Survey done. Good work on the vid to prove you are real, thanks for taking the effort.

Also good to see the new system works...


----------



## MistahTaki (Apr 24, 2010)

Done only because you actually made a video


----------



## DanX (Oct 19, 2011)

Survey completed!


----------



## TexassSnow (Sep 21, 2011)

Done! Like the system


----------



## Clarion (Jan 6, 2011)

Completed.


----------



## Towkin (Oct 14, 2010)

Survey complete.


----------



## ShredLife (Feb 6, 2010)

sonofabitch i can't believe it... now we have to answer this crap i guess....
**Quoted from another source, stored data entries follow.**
-- ===== src/Floppy/Sensed.antt =====
-- The interrupts that the handler senses by itself, on a controller whose results are open.
use toy_bootloader.Common.{
  ℕ, zero, suc, ◌+◌, ◌<◌, ◌≤◌, ◌≡◌, refl, ap, ◌∙◌, true, none, some, List, [], ◌∷◌, ◌++◌, inl, inr,
  arith, Option-cases,
}
use toy_bootloader.Machine.{Trace, outb, idle, waiting, Handler, ErrT, Env, Machine, do_outb}
use toy_bootloader.Floppy.Types.{CheckInterruptRes}
use toy_bootloader.Floppy.Status.{fpy_check_st0}
use toy_bootloader.Floppy.Irq.{
  floppy_irq, received_of, fpy_cmd_check_interrupt, fpy_interrupt_handler, take_irq, wait_received,
  fpy_wait_irq,
}
use toy_bootloader.Floppy.IrqLaws.{RaisesAfter, RaisesAfter-tail}
use toy_bootloader.Floppy.Polling.{fifo_writes}
use toy_bootloader.Floppy.Controller.{command, result, phase}
use toy_bootloader.Floppy.Sensing.{View, view, At}
use toy_bootloader.Floppy.Showing.{Shows, Ends, whole_sent, one_read}

-- The controller raises its interrupt after a calibration.
abbrev pub Rings : Env → ℕ → Type 0
Rings env bound =
    (t : Trace) (ws : List ℕ) (v : ℕ)
    → phase t ≡ command []
    → fifo_writes t ≡ ws ++ (0x7 ∷ v ∷ [])
    → (k : ℕ) × (k + 1 < bound) × RaisesAfter env k t

-- After the interrupt: the handler has sensed it, with the error `e`.
record Sensed (ws : List ℕ) (e : ErrT) (m : Machine) : Type 0 where
  received : m.fpy_irq_received ≡ received_of e
  state : m.fpy_irq_handle_state ≡ 0
  handler : m.idt_handlers_32 floppy_irq ≡ Handler.fpy_interrupt_handler
  ends : Ends (0x8 ∷ []) (ws ++ (0x8 ∷ [])) e m.trace

module _ (env : Env) (fuel bound : ℕ) (shows : Shows env bound) (small : bound ≤ 1000)
    (enough : bound ≤ fuel) where
  check_interrupt-Ends :
      (u : CheckInterruptRes) (m : Machine) (ws : List ℕ)
      → view m.trace ≡ (command [], ws)
      → (r : CheckInterruptRes) × (t : Trace) × (fpy_cmd_check_interrupt env fuel u m
          ≡ some (r, record m { trace = t }))
        × Ends (0x8 ∷ []) (ws ++ (0x8 ∷ [])) r.error t
  unfolding fpy_cmd_check_interrupt
  check_interrupt-Ends u m ws start =
      let (t, run, seen) =
        whole_sent env fuel bound shows small enough (0x8 ∷ []) true m _ (omega arith)
          (ap (λ (v : View). v.0) start) refl in
      let seen' = seen ∙ ap (λ (v : View). (result (0x8 ∷ []) 2, v.1 ++ (0x8 ∷ []))) start in
      let (v0, t0, run0, p0) =
        one_read env fuel bound shows small enough (record m { trace = t }) _ _ seen' in
      elim (Option-cases (fpy_check_st0 v0)) [
        | inr (x, bad) ↦ (
          record u { error = fpy_check_st0 v0; st0 = v0 },
          t0,
          ground (arith, run, run0, bad),
          inr (x, bad, 1, p0),
        )
        | inl fine ↦
            let (v1, t1, run1, p1) =
              one_read env fuel bound shows small enough (record m { trace = t0 }) _ _ p0 in
            (
              record u { error = fpy_check_st0 v0; st0 = v0; current_cylinder = v1 },
              t1,
              ground (arith, run, run0, fine, run1),
              inl (fine, p1),
            )
      ]

  taken :
      (u : CheckInterruptRes) (t : Trace) (m : Machine) (ws : List ℕ)
      → m.idt_handlers_32 floppy_irq ≡ Handler.fpy_interrupt_handler
      → m.fpy_irq_handle_state ≡ 0
      → view t ≡ (command [], ws)
      → (e : ErrT) × (m' : Machine) × (take_irq env fuel u (record m { trace = t }) ≡ some (tt, m'))
        × Sensed ws e m'
  unfolding take_irq fpy_interrupt_handler do_outb phase
  taken u t m ws h z start =
      let m1 = record m { trace = t; mem = env.dma t m.mem } in
      let (r, t', run, ends) = check_interrupt-Ends u m1 ws start in
      (
        r.error,
        record m1 { trace = outb 0x20 0x20 ∷ t'; fpy_irq_received = received_of r.error },
        ground (arith, h, z, run),
        record { received = refl; state = z; handler = h; ends = ends },
      )

  -- The wait is over.
  over :
      (u : CheckInterruptRes) (n : ℕ) (e : ErrT) (m : Machine)
      → m.fpy_irq_received ≡ received_of e
      → wait_received env fuel u (suc n) m ≡ some (received_of e, m)
  unfolding wait_received
  over u n none m h = ground (arith, h)
  over u n (some x) m h = ground (arith, h)

  waits :
      (u : CheckInterruptRes) (n k : ℕ) (t : Trace) (m : Machine) (ws : List ℕ)
      → k + 1 < n
      → m.fpy_irq_received ≡ waiting
      → m.idt_handlers_32 floppy_irq ≡ Handler.fpy_interrupt_handler
      → m.fpy_irq_handle_state ≡ 0
      → view t ≡ (command [], ws)
      → RaisesAfter env k t
      → (e : ErrT) × (m' : Machine) × (wait_received env fuel u n (record m { trace = t })
          ≡ some (received_of e, m'))
        × Sensed ws e m'
  unfolding wait_received phase
  waits u zero k t m ws lt w h z start up = absurd (omega arith)
  waits u (suc zero) k t m ws lt w h z start up = absurd (omega arith)
  waits u (suc (suc n)) zero t m ws lt w h z start up =
      let (e, m', run, s) = taken u (idle ∷ t) m ws h z start in
      (e, m', ground (arith, w, up.1, run, over u n e m' s.received), s)
  waits u (suc (suc n)) (suc k) t m ws lt w h z start up =
      let (quiet, later) = RaisesAfter-tail env k t up in
      let (e, m', run, s) = waits u (suc n) k (idle ∷ t) m ws (omega arith) w h z start later in
      (e, m', ground (arith, w, quiet, run), s)

  -- The wait after a calibration of the head.
  pub calibration-Ends :
      (rings : Rings env bound) (u : CheckInterruptRes) (m : Machine) (ws : List ℕ) (v : ℕ)
      → At m (ws ++ (0x7 ∷ v ∷ []))
      → (e : ErrT) × (m' : Machine) × (fpy_wait_irq env fuel u m ≡ some (e, m'))
        × ((m'.fpy_irq_received ≡ waiting)
            × (m'.fpy_irq_handle_state ≡ 0)
            × (m'.idt_handlers_32 floppy_irq ≡ Handler.fpy_interrupt_handler))
        × Ends (0x8 ∷ []) ((ws ++ (0x7 ∷ v ∷ [])) ++ (0x8 ∷ [])) e m'.trace
  unfolding fpy_wait_irq
  calibration-Ends rings u m ws v at =
      let (k, lt, up) =
        rings m.trace ws v (ap (λ (v : View). v.0) at.seen) (ap (λ (v : View). v.1) at.seen) in
      let (e, m', run, s) =
        waits u fuel k m.trace m (ws ++ (0x7 ∷ v ∷ [])) (omega arith) at.received at.handler
          at.state at.seen up in
      (
        e,
        record m' { fpy_irq_received = waiting },
        finish e m' run,
        (refl, s.state, s.handler),
        s.ends,
      )
    where
      finish :
          (e : ErrT) (m' : Machine)
          → wait_received env fuel u fuel m ≡ some (received_of e, m')
          → fpy_wait_irq env fuel u m ≡ some (e, record m' { fpy_irq_received = waiting })
      finish none m' run = ground (arith, run)
      finish (some x) m' run = ground (arith, run)
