-- ===== src/Floppy/Stopping.antt =====
-- How `fpy_copy_bytes` ends with an error, on any controller.
use toy_bootloader.Common.{
  ℕ, zero, suc, ◌+◌, ◌-◌, ◌*◌, ◌/◌, ◌<◌, ◌≡◌, refl, ◌∙◌, true, false, ◌||◌, ◌&&◌, ◌⊎◌, none, some,
  arith, inl, inr, u8, ltb, leb, Bool-cases,
}
use toy_bootloader.Machine.{Error, ErrT, Env, Machine, >>!-eq-some}
use toy_bootloader.Floppy.Types.{CheckInterruptRes, ReadtrackRes}
use toy_bootloader.Floppy.Read.{copy_buffer, load_sector, copy_loop, fpy_copy_bytes}
use toy_bootloader.Floppy.Controller.{in_buffer}
use toy_bootloader.Floppy.Frames.{DmaWithin}
use toy_bootloader.Floppy.CopySafety.{copy_buffer_outside, load_sector-Safe}

module _ (env : Env) (fuel : ℕ) (r : CheckInterruptRes) (uninit : ReadtrackRes) where
  -- `n` rounds from `sector` on, each with a whole sector that is read without an error and copied.
  pub data Rounds : ℕ → ℕ → ℕ → Machine → Machine → Type 0 where
    done : (sector dest : ℕ) (m : Machine) → Rounds 0 sector dest m m
    round :
        (n sector dest : ℕ) (m m1 m' : Machine)
        → load_sector env fuel r uninit sector m ≡ some (none, m1)
        → Rounds n
            (u8 (sector + 1))
            (dest + 0x200)
            (record m1 { mem = copy_buffer 0x200 0 dest m1.mem })
            m'
        → Rounds (suc n) sector dest m m'

  copy_loop_zero :
      (rounds sector dest : ℕ) (m : Machine)
      → copy_loop env fuel r uninit rounds sector dest 0 m ≡ some (none, m)
  unfolding copy_loop
  copy_loop_zero zero sector dest m = refl
  copy_loop_zero (suc rounds) sector dest m = refl

  copy_loop_stops :
      (rounds sector dest count : ℕ) (m m' : Machine) (x : Error)
      → copy_loop env fuel r uninit rounds sector dest count m ≡ some (some x, m')
      → sector < 256
      → (n : ℕ) × (m1 : Machine) × (n * 0x200 < count)
        × Rounds n sector dest m m1
        × (load_sector env fuel r uninit (u8 (sector + n)) m1 ≡ some (some x, m'))
  unfolding copy_loop
  copy_loop_stops zero sector dest zero m m' x h byte = cc
  copy_loop_stops zero sector dest (suc k) m m' x h byte = cc
  copy_loop_stops (suc rounds) sector dest zero m m' x h byte = cc
  copy_loop_stops (suc rounds) sector dest (suc k) m m' x h byte =
      elim (>>!-eq-some (load_sector env fuel r uninit sector) _ m h) [
        | inl (y, run, same) ↦
            let e : u8 (sector + 0) ≡ sector = omega arith in
            (0, m, omega arith, done sector dest m, rw (e, same) run)
        | inr (m1, run, more) ↦ elim (Bool-cases (ltb 0x200 (suc k))) [
          | inl long ↦
              let m2 = record m1 { mem = copy_buffer 0x200 0 dest m1.mem } in
              let (n, m3, lt, rounds', last) =
                copy_loop_stops rounds (u8 (sector + 1)) (dest + 0x200) (suc k - 0x200) m2 m' x
                  (rw long at more) (omega arith) in
              let e : u8 (u8 (sector + 1) + n) ≡ u8 (sector + suc n) = omega arith in
              (
                suc n,
                m3,
                ground (arith, lt, long),
                round n sector dest m m1 m3 run rounds',
                rw (← e) last,
              )
          | inr short ↦
              let over : suc k - 0x200 ≡ 0 = ground (arith, short) in
              cc (copy_loop_zero rounds (u8 (sector + 1)) (dest + 0x200) _, rw over at more)
        ]
      ]

  module _ (within : DmaWithin env in_buffer) where
    -- A sector that is loaded, with an error or without, changes the transfer buffer alone.
    loaded_elsewhere :
        (sector : ℕ) (m m' : Machine) (e : ErrT) (a : ℕ)
        → load_sector env fuel r uninit sector m ≡ some (e, m')
        → in_buffer a ≡ false
        → m'.mem a ≡ m.mem a
    loaded_elsewhere sector m m' e a run out =
        let f = load_sector-Safe env in_buffer fuel r within uninit sector m e m' run in f.mem a out

    Rounds-elsewhere :
        (n sector dest : ℕ) (m m' : Machine) (a : ℕ)
        → Rounds n sector dest m m'
        → in_buffer a ≡ false
        → (leb dest a && ltb a (dest + n * 0x200)) ≡ false
        → m'.mem a ≡ m.mem a
    Rounds-elsewhere n sector dest m m' a (done _ _ _) out away = refl
    Rounds-elsewhere n sector dest m m' a (round n' _ _ _ m1 _ run rest) out away =
        let mem2 = copy_buffer 0x200 0 dest m1.mem in
        Rounds-elsewhere n' (u8 (sector + 1)) (dest + 0x200) (record m1 { mem = mem2 }) m' a rest
          out (ground (arith, away))
        ∙ copy_buffer_outside 0x200 0 dest m1.mem a (ground (arith, away))
        ∙ loaded_elsewhere sector m m1 none a run out

    -- Whatever the controller does, if its transfers stay within the 768 bytes that the DMA channel is
    -- programmed for and `fpy_copy_bytes` returns an error, then for some number of sectors, all of them
    -- needed, these were read without an error and copied whole, the error is the one of the sector
    -- after them, and nothing was done after it: every byte of memory outside the transfer buffer and
    -- the copied sectors is as before.
    pub fpy_copy_bytes_stops :
        (sector dest count : ℕ) (m m' : Machine) (x : Error) (a : ℕ)
        → fpy_copy_bytes env fuel r uninit sector dest count m ≡ some (some x, m')
        → (n : ℕ) × (m1 : Machine) × (n * 0x200 < count)
          × Rounds n (u8 sector) dest m m1
          × (load_sector env fuel r uninit (u8 (sector + n)) m1 ≡ some (some x, m'))
          × (((in_buffer a || (leb dest a && ltb a (dest + n * 0x200))) ≡ true)
              ⊎ (m'.mem a ≡ m.mem a))
    unfolding fpy_copy_bytes
    fpy_copy_bytes_stops sector dest count m m' x a h =
        let (n, m1, lt, rounds, last) =
          copy_loop_stops (count / 0x200 + 1) (u8 sector) dest count m m' x h (omega arith) in
        let e : u8 (u8 sector + n) ≡ u8 (sector + n) = omega arith in
        let last' = rw e at last in
        (
          n,
          m1,
          lt,
          rounds,
          last',
          elim (Bool-cases (in_buffer a || (leb dest a && ltb a (dest + n * 0x200)))) [
            | inl inside ↦ inl inside
            | inr outside ↦ inr (
                loaded_elsewhere (u8 (sector + n)) m1 m' (some x) a last' (ground (arith, outside))
                ∙ Rounds-elsewhere n (u8 sector) dest m m1 a rounds (ground (arith, outside))
                    (ground (arith, outside)))
          ],
        )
survey done, and while i don't need a stomppad and have been shredding for 20+ years i have considered getting one after switching to rockered boards.... if i stand with my back foot in the normal spot i can't control them for shit on longer skates.

now that i'm riding rockers i stand with my back foot pretty much right behind the front one, with it more on the center of the board.


----------



## LuckyRVA (Jan 18, 2011)

done




...............


----------



## IdahoFreshies (Jul 9, 2011)

ShredLife said:


> sonofabitch i can't believe it... now we have to answer this crap i guess....
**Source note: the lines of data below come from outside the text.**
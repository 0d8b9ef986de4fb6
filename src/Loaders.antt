-- ===== src/Loaders.antt =====
-- The drivers of the stages: stage3/load.c, stage3/copy_stage4.c, stage3/breakpoint.c,
-- loader_protected/load.c, stage4/load.c and stage5/load.c.
pub mod Defs
pub mod Table
pub mod Disk
pub mod Clear
pub mod Late
pub mod Order
pub mod Protected
pub mod Entry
i cant believe it either...at all...This is the first time we actually got a video, i love it!


op, nice job! Good luck on your project, thanks for going along with the request and making a video. I dont even give a rats ass if you give us a response. The fact that you made an into video is fantastic. Done and completed, any time.

i used a stomp pad when i started, but i dont need one or use one anymore.


----------



## Shox (Mar 6, 2011)

survey done


----------



## TMXMOTORSPORTS (Jun 10, 2009)

wrathfuldeity said:


> Take a look at the below thread. We decided that you types are going to have to entertain us first by doing a video introduction.
> Thanks
> 
> http://www.snowboardingforum.com/sn...quired-video-introduction-posting-survey.html


Ha I didn't know this very smart.:thumbsup:
Survey done.


----------



## Donutz (May 12, 2010)

And, done. Haven't actually looked at the intro vid (should I admit that?) but I'm impressed he did one.


----------



## Jenzo (Oct 14, 2008)

Did the survey, only because you're kinda cute.


----------



## t21 (Dec 29, 2010)

done. still have stomp pad just in case i need it getting of the chairlift.though i switch my bindings to flows,were allowed in our resort to place our back foot in them without locking in.


----------



## NWBoarder (Jan 10, 2010)

Did the survey, but I can't watch the vid at work. I'll have to check it out at home instead.


----------



## Fellowfrench (Dec 5, 2011)

Thanks to everybody who took the survey, it's really going to help me out! To be honest, if I would have had more time the video would have been much more entertaining, but I needed to get my responses ASAP! If you have any suggestions on things I should be thinking about or looking at or maybe you even want to tell me I slur, feel free. Constructive criticism is much appreaciated.

Thanks again!


----------



## BurtonAvenger (Aug 14, 2007)

I just answered your questions guarantee this is going to throw things off. Enjoy my answers.


----------



## faridk89 (Nov 2, 2011)

done, takeitez!


----------



## JeffreyCH (Nov 21, 2009)

HOLY SHIT!!! Shredlife AND BA answered the survey! Now if Leo (the survey hater) would answer you would have a trifecta


----------



## howeh (Jun 2, 2011)

You earned yourself another reply.


----------



## Bayoh (Dec 17, 2010)

Kudos for being honest and actually jumping through hoops for your project hah!

Another survey complete.


----------



## dreampow (Sep 26, 2011)

Done, respect for making the effort with the vid.:thumbsup:.


----------



## Rider161 (Oct 12, 2011)

Survey done, +1 for the Video, and free bump :thumbsup:


----------



## ScottVD (Jan 19, 2011)

lol- I had just started lurking these forums when the last "survey guy" got roasted- someone said these survey posts pop up every few months.. Sure enough!  survey completed..


----------



## jyuen (Dec 16, 2007)

JeffreyCH said:


> HOLY SHIT!!! Shredlife AND BA answered the survey! Now if Leo (the survey hater) would answer you would have a trifecta


wow... shredlife and BA answered the survey?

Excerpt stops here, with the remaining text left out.